=== MATERIAL SHOWN ===

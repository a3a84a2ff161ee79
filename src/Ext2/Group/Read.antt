-- ===== src/Ext2/Group/Read.antt =====
-- What `ext2_get_bg_descriptor` finds, whatever `sysbuf` held before.
use embext.Base.{ℕ, ◌<◌, ◌≡◌, arith, some, List, [], length, take, drop}
use embext.Base.{slice_inside}
use embext.Driver.{Wrote, BlockDriver, ok}
use embext.Ext2.Layout.{BlockGroupDescriptor, read_descriptor}
use embext.Ext2.Monad.{◌>>=◌}
use embext.Ext2.State.{Volume, ext2_block_size}
use embext.Ext2.Sector.{read_sysbuf}
use embext.Ext2.Group.{ext2_get_bg_descriptor, descriptor_offset, descriptor_size}
use embext.Ext2.Group.Mounted.{IsMounted, table_sector}

-- The volume with another sector in `sysbuf`.
abbrev pub with_sysbuf : {Device : Type 0} → Volume Device → List ℕ → Volume Device
with_sysbuf v sysbuf = record v { context = record v.context { sysbuf = sysbuf } }

module _ ⦃drv : BlockDriver⦄ where
  -- The bytes of a sector of the device, empty if the sector cannot be read.
  unfoldable pub sector_bytes : drv.Device → ℕ → List ℕ
  sector_bytes d sector = elim (drv.block_read sector d) [ some (ok bytes) ↦ bytes | _ ↦ [] ]

  -- The sector of the table of the first superblock with the descriptor of a group, and the
  -- descriptor in it.
  abbrev pub sector_of : Volume drv.Device → ℕ → List ℕ
  sector_of v g = sector_bytes v.device (table_sector v.context v.context.superblock_block g)

  abbrev pub group_of : Volume drv.Device → ℕ → BlockGroupDescriptor
  group_of v g = read_descriptor (take descriptor_size (drop (descriptor_offset g) (sector_of v g)))

  pub resized :
      (v : Volume drv.Device) (sysbuf : List ℕ)
      → IsMounted v
      → length sysbuf ≡ 512
      → IsMounted (with_sysbuf v sysbuf)
  unfolding ext2_block_size
  resized v sysbuf is sized = record {
    ready = is.ready;
    sysbuf_sized = sized;
    superblock_fits = is.superblock_fits;
    copies_listed = is.copies_listed;
    primary_inside = is.primary_inside;
    tables_inside = is.tables_inside;
    copies_inside = is.copies_inside;
  }

  -- The volume of a device on which one sector was written.
  pub Wrote-IsMounted :
      (v : Volume drv.Device) (sysbuf bytes : List ℕ) (n : ℕ) (d : drv.Device)
      → IsMounted v
      → length sysbuf ≡ 512
      → Wrote drv.IsReady drv.volume_size drv.read_only drv.block_read n bytes v.device d
      → IsMounted (record (with_sysbuf v sysbuf) { device = d })
  unfolding ext2_block_size
  Wrote-IsMounted v sysbuf bytes n d is sized wrote = record {
    ready = wrote.ready;
    sysbuf_sized = sized;
    superblock_fits = is.superblock_fits;
    copies_listed = is.copies_listed;
    primary_inside = λ g lt. rw wrote.same_size (is.primary_inside g lt);
    tables_inside = λ i c g at lt. rw wrote.same_size (is.tables_inside i c g at lt);
    copies_inside = λ i c at. rw wrote.same_size (is.copies_inside i c at);
  }

  sector_bytes-read :
      (d : drv.Device) (sector : ℕ) (bytes : List ℕ)
      → drv.block_read sector d ≡ some (ok bytes)
      → sector_bytes d sector ≡ bytes
  unfolding sector_bytes
  sector_bytes-read d sector bytes e = rw (sector_bytes, e)

  pub sector_bytes-same :
      (d d' : drv.Device) (sector : ℕ)
      → drv.block_read sector d' ≡ drv.block_read sector d
      → sector_bytes d' sector ≡ sector_bytes d sector
  unfolding sector_bytes
  sector_bytes-same d d' sector e = rw (sector_bytes, e)

  pub sector_read :
      (v : Volume drv.Device) (g : ℕ)
      → IsMounted v
      → g < v.context.num_blockgroups
      → (drv.block_read (table_sector v.context v.context.superblock_block g) v.device
          ≡ some (ok (sector_of v g)))
        × (length (sector_of v g) ≡ 512)
  sector_read v g is lt =
      let (sector, read, sized) =
        drv.read_inside v.device (table_sector v.context v.context.superblock_block g) is.ready
          (is.primary_inside g lt) in
      let e : sector_of v g ≡ sector = sector_bytes-read v.device _ sector read in
      rw e (read, sized)

  inside :
      (v : Volume drv.Device) (g : ℕ)
      → IsMounted v
      → g < v.context.num_blockgroups
      → ext2_get_bg_descriptor g v ≡ some (ok (group_of v g), with_sysbuf v (sector_of v g))
  unfolding ext2_get_bg_descriptor read_sysbuf ◌>>=◌
  inside v g is lt =
      let (read, sized) = sector_read v g is lt in
      let cut =
        slice_inside (sector_of v g) (descriptor_offset g) descriptor_size (omega (arith, sized)) in
      ground (arith, lt, read, cut)

  -- The descriptor of a group that there is.
  pub ext2_get_bg_descriptor-group_of :
      (v : Volume drv.Device) (g : ℕ)
      → IsMounted v
      → g < v.context.num_blockgroups
      → (ext2_get_bg_descriptor g v ≡ some (ok (group_of v g), with_sysbuf v (sector_of v g)))
        × IsMounted (with_sysbuf v (sector_of v g))
  ext2_get_bg_descriptor-group_of v g is lt =
      (inside v g is lt, resized v (sector_of v g) is (sector_read v g is lt).1)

===

▶ _TASK TO CARRY OUT_:
Could you report how many lines of the entries include the word "length"? Only the number is needed.

▶ _ANSWER FOR THE TASK_:
4